Direção: Ben Wheatley

Ela é uma Cinderela às avessas. Jovem e bela, encontra seu príncipe num paraíso, casa-se com ele e, depois de uma lua de mel de sonho, vai conhecer a bruxa que habita o castelo que foi de Rebecca, a inesquecível primeira mulher do príncipe que, de tão bela, era uma lenda.

No filme da NETFLIX, Lily James, que já foi a Cinderela no cinema, é a moça órfã e pobre, dama de companhia de uma rica americana. Estão hospedadas em um hotel de luxo em Monte Carlo, o lugar mais glamoroso da Côte D’Azur, a Riviera francesa, antes da Segunda Guerra.
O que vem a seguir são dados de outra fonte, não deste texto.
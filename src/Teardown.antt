-- ===== src/Teardown.antt =====
-- cli/src/domain/teardown.rs: what a teardown could not do, and the report about it. A `BTreeMap`
-- is the list of its entries in the order of the keys.
pub mod Hints
mod Tests
use catallaxy.Prelude.{
  Bool, false, ◌&&◌, Option, none, some, List, [], ◌∷◌, String, ◌<>◌, ◌==◌, length, is_nil, any,
  keep, decimal, if◌then◌else◌,
}
use mathlib.Core.List.{foldl}

pub record ResourceRef : Type 0 where
  pub kind : String
  pub name : String

unfoldable pub qualified : ResourceRef → String
qualified r = r.kind <> ("/" <> r.name)

-- `==` of the derived `PartialEq`.
abbrev pub resource_eq : ResourceRef → ResourceRef → Bool
resource_eq r s = r.kind == s.kind && r.name == s.name

pub record StepFailure : Type 0 where
  pub step : String
  pub detail : String
  pub resource : Option ResourceRef

-- `StepFailure::new`
abbrev pub failure : String → String → StepFailure
failure step detail = record { step = step; detail = detail; resource = none }

abbrev pub on_resource : String → String → String → String → StepFailure
on_resource step kind name detail = record {
  step = step;
  detail = detail;
  resource = some (record { kind = kind; name = name });
}

-- `is_some_and`
abbrev is_some_and {ℓ} : {A : Type ℓ} → (A → Bool) → Option A → Bool
is_some_and p none = false
is_some_and p (some a) = p a

unfoldable pub concerns : StepFailure → ResourceRef → Bool
concerns f resource = is_some_and (λ r. resource_eq r resource) f.resource

unfoldable pub describe : StepFailure → String
describe f = elim f.resource [
  | some r ↦ f.step <> (" " <> (r.kind <> ("/" <> (r.name <> (": " <> f.detail)))))
  | none ↦ f.step <> (": " <> f.detail)
]

-- The test of the filter in `matching_hints`, at one kind.
unfoldable pub names_kind : List StepFailure → String → Bool
names_kind failures kind = any (λ f. is_some_and (λ r. r.kind == kind) f.resource) failures

unfoldable pub matching_hints : List StepFailure → List (String × String) → List (String × String)
matching_hints failures hints = keep (λ (kind, hint). names_kind failures kind) hints

abbrev failure_lines : String → List StepFailure → String
failure_lines out failures = foldl (λ out f. out <> ("  - " <> (describe f <> "\n"))) out failures

abbrev hint_lines : String → List (String × String) → String
hint_lines out hints =
    foldl (λ out (kind, hint). out <> ("  " <> (kind <> ("\n    " <> (hint <> "\n"))))) out hints

abbrev hints_heading : String
hints_heading = "\nCloud resources may still exist. The lab declares these rescue hints:\n"

unfoldable pub report : List StepFailure → List (String × String) → Option String
unfolding matching_hints names_kind describe
report [] hints = none
report (f ∷ fs) hints =
    let failures = f ∷ fs in
    let count = decimal (length failures) in
    let heading = "Teardown finished with " <> (count <> " unresolved failure(s):\n") in
    let out = failure_lines heading failures in
    let matching = matching_hints failures hints in
    some (if is_nil matching then out else hint_lines (out <> hints_heading) matching)
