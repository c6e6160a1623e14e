-- ===== src/Executor/Defs.antt =====
-- cli/src/plan/executor.rs: the types of a run, and what it takes from outside.
use catallaxy.Prelude.{ℕ, Bool, Option, List, String}
use catallaxy.StepKind.{Direction}
use catallaxy.Plan.{PlannedStep, WrongDirection}
use catallaxy.Teardown.{StepFailure}

-- `Result<A>`, and the panic of an `expect` that fails.
pub data Result (E A : Type 0) : Type 0 where
  ok : A → Result E A
  err : E → Result E A
  panic : Result E A

-- The failures of this module, and those (`other`) that come from outside.
pub data ExecError (E : Type 0) : Type 0 where
  other : E → ExecError E
  wrong_direction : WrongDirection → ExecError E
  -- `with_context` of `run_steps`: the step's number, the number of steps, the step's label.
  step_failed : ℕ → ℕ → String → ExecError E → ExecError E
  no_such_step : String → Direction → ExecError E
  not_a_kind : String → List String → ExecError E
  failures_left : ℕ → ExecError E

-- A computation over a state, as `Result` and the state that it leaves.
abbrev pub Run : (S E A : Type 0) → Type 0
Run S E A = S → Result E A × S

module _ {S E A : Type 0} where
  abbrev pub pure : A → Run S E A
  pure a s = (ok a, s)

  abbrev pub throw : E → Run S E A
  throw e s = (err e, s)

module _ {S E A B : Type 0} where
  abbrev pub and_then : Result E A → (A → Run S E B) → Run S E B
  and_then (ok a) f s = f a s
  and_then (err e) f s = (err e, s)
  and_then panic f s = (panic, s)

  infixl 5 ◌>>=◌ ◌>>◌
  abbrev pub ◌>>=◌ : Run S E A → (A → Run S E B) → Run S E B
  (m >>= f) s = and_then (m s).0 f (m s).1

  abbrev pub ◌>>◌ : Run S E A → Run S E B → Run S E B
  m >> k = m >>= λ _. k

-- `config::Context`, of which `execute` reads and sets the flake's fragment.
pub record Context : Type 0 where
  pub flake : String
  pub fragment : Option String

-- What `execute` reads of a lab; `L` stands for the rest.
pub record LabSpec (V L : Type 0) : Type 0 where
  pub deployment_plan : List (PlannedStep V)
  pub teardown_plan : List (PlannedStep V)
  pub rescue_hints : List (String × String)
  pub rest : L

pub record StepContext (V L C : Type 0) : Type 0 where
  pub ctx : Context
  pub lab_name : String
  pub lab : LabSpec V L
  pub lab_package : String
  pub secrets_cache : C
  pub dry_run : Bool
  pub allow_infra : Bool

-- The world, and the failures that steps have recorded so far.
pub record Machine (W : Type 0) : Type 0 where
  pub world : W
  pub failures : List StepFailure

-- What the executor calls: nix, the secret stores, kubectl, the clock, the lab record and the step
-- modules. Their errors are of type `E`, the world is of type `W`.
pub record Env (V L C E W : Type 0) : Type 0 where
  pub get_lab_spec : Context → String → W → Result E (LabSpec V L) × W
  pub load_secrets_cache : Context → String → LabSpec V L → W → Result E C × W
  pub build_lab_package : Context → String → W → Result E String × W
  pub api_reachable : String → W → Bool × W
  pub sleep : ℕ → W → W
  pub forget_lab_record : String → W → W
  -- The match over `StepParams`: one attempt at one step. It returns an error or it is done.
  pub dispatch : StepContext V L C → PlannedStep V → Machine W → Option E × Machine W
  -- How an error reads in the record of a failed build.
  pub describe_error : E → String
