-- ===== src/Executor.antt =====
-- cli/src/plan/executor.rs: loading a plan, running its steps with retries, and the verdict of a run.
-- What it prints is left out. The outside world, the step modules included, is the parameter `Env`.
mod Defs
pub mod Retry
pub mod Steps
pub mod DryRun
pub mod Stop
pub mod Verdict
pub mod Unbuilt
mod Tests
unfoldable pub use Defs.*
use catallaxy.Prelude.{
  ℕ, zero, suc, ◌+◌, ◌-◌, ◌^◌, Bool, true, false, not, ◌&&◌, Option, none, some, List, [], ◌∷◌,
  String, ◌<>◌, ◌==◌, ltb, eqb, is_nil, length, map, sort_texts, if◌then◌else◌,
}
use catallaxy.StepKind
use catallaxy.StepKind.{Direction, deploy, teardown, all_kinds, from_tag, tag}
use catallaxy.Plan
use catallaxy.Plan.{PlannedStep, refuse_wrong_direction}
use catallaxy.Teardown.{StepFailure, failure}

abbrev max_backoff_secs : ℕ
max_backoff_secs = 60

-- `2u64.checked_pow(exponent)`: none where the power does not fit.
unfoldable pub checked_pow2 : ℕ → Option ℕ
checked_pow2 exponent = if ltb exponent 64 then some (2 ^ exponent) else none

-- The seconds before attempt number `attempt`, which is at least 2.
unfoldable pub backoff_secs : ℕ → ℕ
unfolding checked_pow2
backoff_secs attempt = elim (checked_pow2 (attempt - 2)) [ some n ↦ n | none ↦ max_backoff_secs ]

abbrev pub plan_of : {V L : Type 0} → LabSpec V L → Direction → List (PlannedStep V)
plan_of lab deploy = lab.deployment_plan
plan_of lab teardown = lab.teardown_plan

-- `rposition` of a step with the tag: the last one.
unfoldable pub rposition : {V : Type 0} → String → List (PlannedStep V) → Option ℕ
rposition t [] = none
rposition t (step ∷ steps) = elim (rposition t steps) [
  | some i ↦ some (suc i)
  | none ↦ if Plan.type_tag step == t then some 0 else none
]

module _ {S E A : Type 0} where
  -- A pure result inside a run.
  abbrev pub lift : Result E A → Run S E A
  lift r s = (r, s)

  -- `with_context`
  abbrev pub with_context : (E → E) → Run S E A → Run S E A
  with_context f m s = elim (m s).0 [
    | ok a ↦ (ok a, (m s).1)
    | err e ↦ (err (f e), (m s).1)
    | panic ↦ (panic, (m s).1)
  ]

module _ {V : Type 0} (E : Type 0) where
  -- The loop of `load_steps`: the first step that cannot run in the direction.
  unfoldable pub refuse_steps :
      Direction → ℕ → List (PlannedStep V) → Result (ExecError E) (Unit {0})
  refuse_steps d i [] = ok tt
  refuse_steps d i (step ∷ steps) = elim (refuse_wrong_direction step d i) [
    | none ↦ refuse_steps d (suc i) steps
    | some e ↦ err (wrong_direction e)
  ]

  unfoldable pub resolve_stop_after :
      List (PlannedStep V) → Option String → Direction → Result (ExecError E) (Option ℕ)
  resolve_stop_after steps none d = ok none
  resolve_stop_after steps (some t) d = elim (rposition t steps) [
    | some i ↦ ok (some i)
    | none ↦ elim (from_tag t) [
      | some known ↦ err (no_such_step t d)
      | none ↦ err (not_a_kind t (sort_texts (map tag all_kinds)))
    ]
  ]

-- A reference with no fragment names the lab.
abbrev pub with_fragment : Context → String → Context
with_fragment ctx lab_name = elim ctx.fragment [
  | some f ↦ ctx
  | none ↦ record ctx { fragment = some lab_name }
]

-- Whether the run stops after the step of index `i`.
abbrev pub stops_at : Option ℕ → ℕ → Bool
stops_at none i = false
stops_at (some idx) i = eqb i idx

module _ {V L C E W : Type 0} (env : Env V L C E W) where
  abbrev pub Exec : Type 0 → Type 0
  Exec A = Run (Machine W) (ExecError E) A

  unfoldable pub should_skip_if_reachable : PlannedStep V → Exec Bool
  should_skip_if_reachable step m = elim step.policy.skip_if_cluster_reachable [
    | none ↦ (ok false, m)
    | some skip_ctx ↦
        let (reachable, world) = env.api_reachable skip_ctx m.world in
        (ok reachable, record m { world = world })
  ]

  -- What happens before attempt number `attempt`.
  unfoldable pub pause : ℕ → Machine W → Machine W
  unfolding backoff_secs
  pause attempt m =
      if ltb 1 attempt then record m { world = env.sleep (backoff_secs attempt) m.world } else m

  module _ (sctx : StepContext V L C) where
    -- The `for` loop of `run_one` from attempt number `attempt`, with `left` attempts to go.
    unfoldable pub attempt_from : PlannedStep V → ℕ → ℕ → Option E → Exec (Unit {0})
    attempt_from step zero attempt (some e) m = (err (other e), m)
    attempt_from step zero attempt none m = (panic, m)
    attempt_from step (suc left) attempt last m =
        let (failed, m') = env.dispatch sctx step (pause attempt m) in
        elim failed [
          | none ↦ (ok tt, m')
          | some e ↦ attempt_from step left (suc attempt) (some e) m'
        ]

    -- `run_one` behind the test for a reachable cluster.
    unfoldable pub run_unskipped : PlannedStep V → Exec (Unit {0})
    unfolding attempt_from
    run_unskipped step =
        if sctx.dry_run && not (Plan.dry_run_safe step)
        then pure tt
        else attempt_from step (if sctx.dry_run then 1 else Plan.attempts step) 1 none

    unfoldable pub run_one : PlannedStep V → Exec (Unit {0})
    unfolding should_skip_if_reachable run_unskipped
    run_one step = do
      skip ← (if sctx.dry_run then pure false else should_skip_if_reachable step)
      (if skip then pure tt else run_unskipped step)

    -- The loop of `run_steps`, from the step of index `i`.
    unfoldable pub run_steps : ℕ → ℕ → List (PlannedStep V) → Option ℕ → Exec (Unit {0})
    run_steps total i [] stop_after = pure tt
    run_steps total i (step ∷ steps) stop_after =
        let rest = run_steps total (suc i) steps stop_after in
        with_context (step_failed (i + 1) total (Plan.label step)) (run_one step)
        >> (if stops_at stop_after i then pure tt else rest)

  -- A call of the outside that changes the world only.
  abbrev call : {A : Type 0} → (W → Result E A × W) → Run W (ExecError E) A
  call f w = elim (f w).0 [
    | ok a ↦ (ok a, (f w).1)
    | err e ↦ (err (other e), (f w).1)
    | panic ↦ (panic, (f w).1)
  ]

  unfoldable pub load_steps : LabSpec V L → Direction → Result (ExecError E) (List (PlannedStep V))
  load_steps lab d = elim (refuse_steps E d 0 (plan_of lab d)) [
    | ok _ ↦ ok (plan_of lab d)
    | err e ↦ err e
    | panic ↦ panic
  ]

  abbrev build_failed : E → StepFailure
  build_failed e = failure "build-lab-package" (
      "the lab package did not build, so every teardown hook and external-name discovery was skipped: "
      <> env.describe_error e)

  -- A teardown goes on without the package, and records that.
  unfoldable pub build_lab_package_for :
      Context → String → Direction → Run W (ExecError E) (String × List StepFailure)
  build_lab_package_for ctx lab_name deploy w =
      (call (env.build_lab_package ctx lab_name) >>= λ pkg. pure (pkg, [])) w
  build_lab_package_for ctx lab_name teardown w =
      let (built, w') = env.build_lab_package ctx lab_name w in
      elim built [
        | ok pkg ↦ (ok (pkg, []), w')
        | err e ↦ (ok ("", build_failed e ∷ []), w')
        | panic ↦ (panic, w')
      ]

  -- The end of `execute`, from the outcome of `run_steps`.
  unfoldable pub verdict :
      Direction
      → String
      → Result (ExecError E) (Unit {0})
      → Run (Machine W) (ExecError E) (Unit {0})
  verdict d lab_name (err e) m = (err e, m)
  verdict d lab_name panic m = (panic, m)
  verdict deploy lab_name (ok _) m = (ok tt, m)
  verdict teardown lab_name (ok _) m =
      if is_nil m.failures
      then (ok tt, record m { world = env.forget_lab_record lab_name m.world })
      else (err (failures_left (length m.failures)), m)

  -- The rest of `execute` from the step index to stop after.
  unfoldable pub start_steps :
      Context
      → String
      → Bool
      → Direction
      → Bool
      → LabSpec V L
      → List (PlannedStep V)
      → C
      → String × List StepFailure
      → Option ℕ
      → Run W (ExecError E) (Unit {0})
  start_steps ctx lab_name dry_run d allow_infra lab steps cache built stop_after w =
      let sctx : StepContext V L C = record {
        ctx = ctx;
        lab_name = lab_name;
        lab = lab;
        lab_package = built.0;
        secrets_cache = cache;
        dry_run = dry_run;
        allow_infra = allow_infra;
      } in
      let start : Machine W = record { world = w; failures = built.1 } in
      let ran = run_steps sctx (length steps) 0 steps stop_after start in
      let done = verdict d lab_name ran.0 ran.1 in (done.0, done.1.world)

  -- `execute` from the loaded steps on.
  unfoldable pub execute_steps :
      Context
      → String
      → Bool
      → Direction
      → Option String
      → Bool
      → LabSpec V L
      → List (PlannedStep V)
      → Run W (ExecError E) (Unit {0})
  execute_steps ctx lab_name dry_run d up_to allow_infra lab [] = pure tt
  execute_steps ctx lab_name dry_run d up_to allow_infra lab (step ∷ more) = do
    cache ← call (env.load_secrets_cache ctx lab_name lab)
    built ← build_lab_package_for ctx lab_name d
    stop_after ← lift (resolve_stop_after E (step ∷ more) up_to d)
    start_steps ctx lab_name dry_run d allow_infra lab (step ∷ more) cache built stop_after

  unfoldable pub execute :
      Context → String → Bool → Direction → Option String → Bool → Run W (ExecError E) (Unit {0})
  execute ctx₀ lab_name dry_run d up_to allow_infra = do
    let ctx = with_fragment ctx₀ lab_name
    lab ← call (env.get_lab_spec ctx lab_name)
    steps ← lift (load_steps lab d)
    execute_steps ctx lab_name dry_run d up_to allow_infra lab steps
Lá ela se encontra por acaso com Maxim de Winter (Armie Hammer), um dos homens mais ricos da Europa e viúvo inconsolável.

Lily James está encantadora como a mocinha tímida mas que se transforma quando o bonitão a convida para fazer companhia a ele. Vem a calhar um mal súbito que prende a velha senhora ao leito, liberando a Cinderela para os braços de seu príncipe.

E são ostras no café da manhã, almoços intermináveis, passeios no conversível dourado, mergulhos no mar azul e beijos na praia. Ela só sabe dizer sim quando ele a pede em casamento.

Depois de uma lua de mel na Europa, seguem para Manderley, o novo endereço de Madame de Winter, uma das casas mais bonitas da Inglaterra.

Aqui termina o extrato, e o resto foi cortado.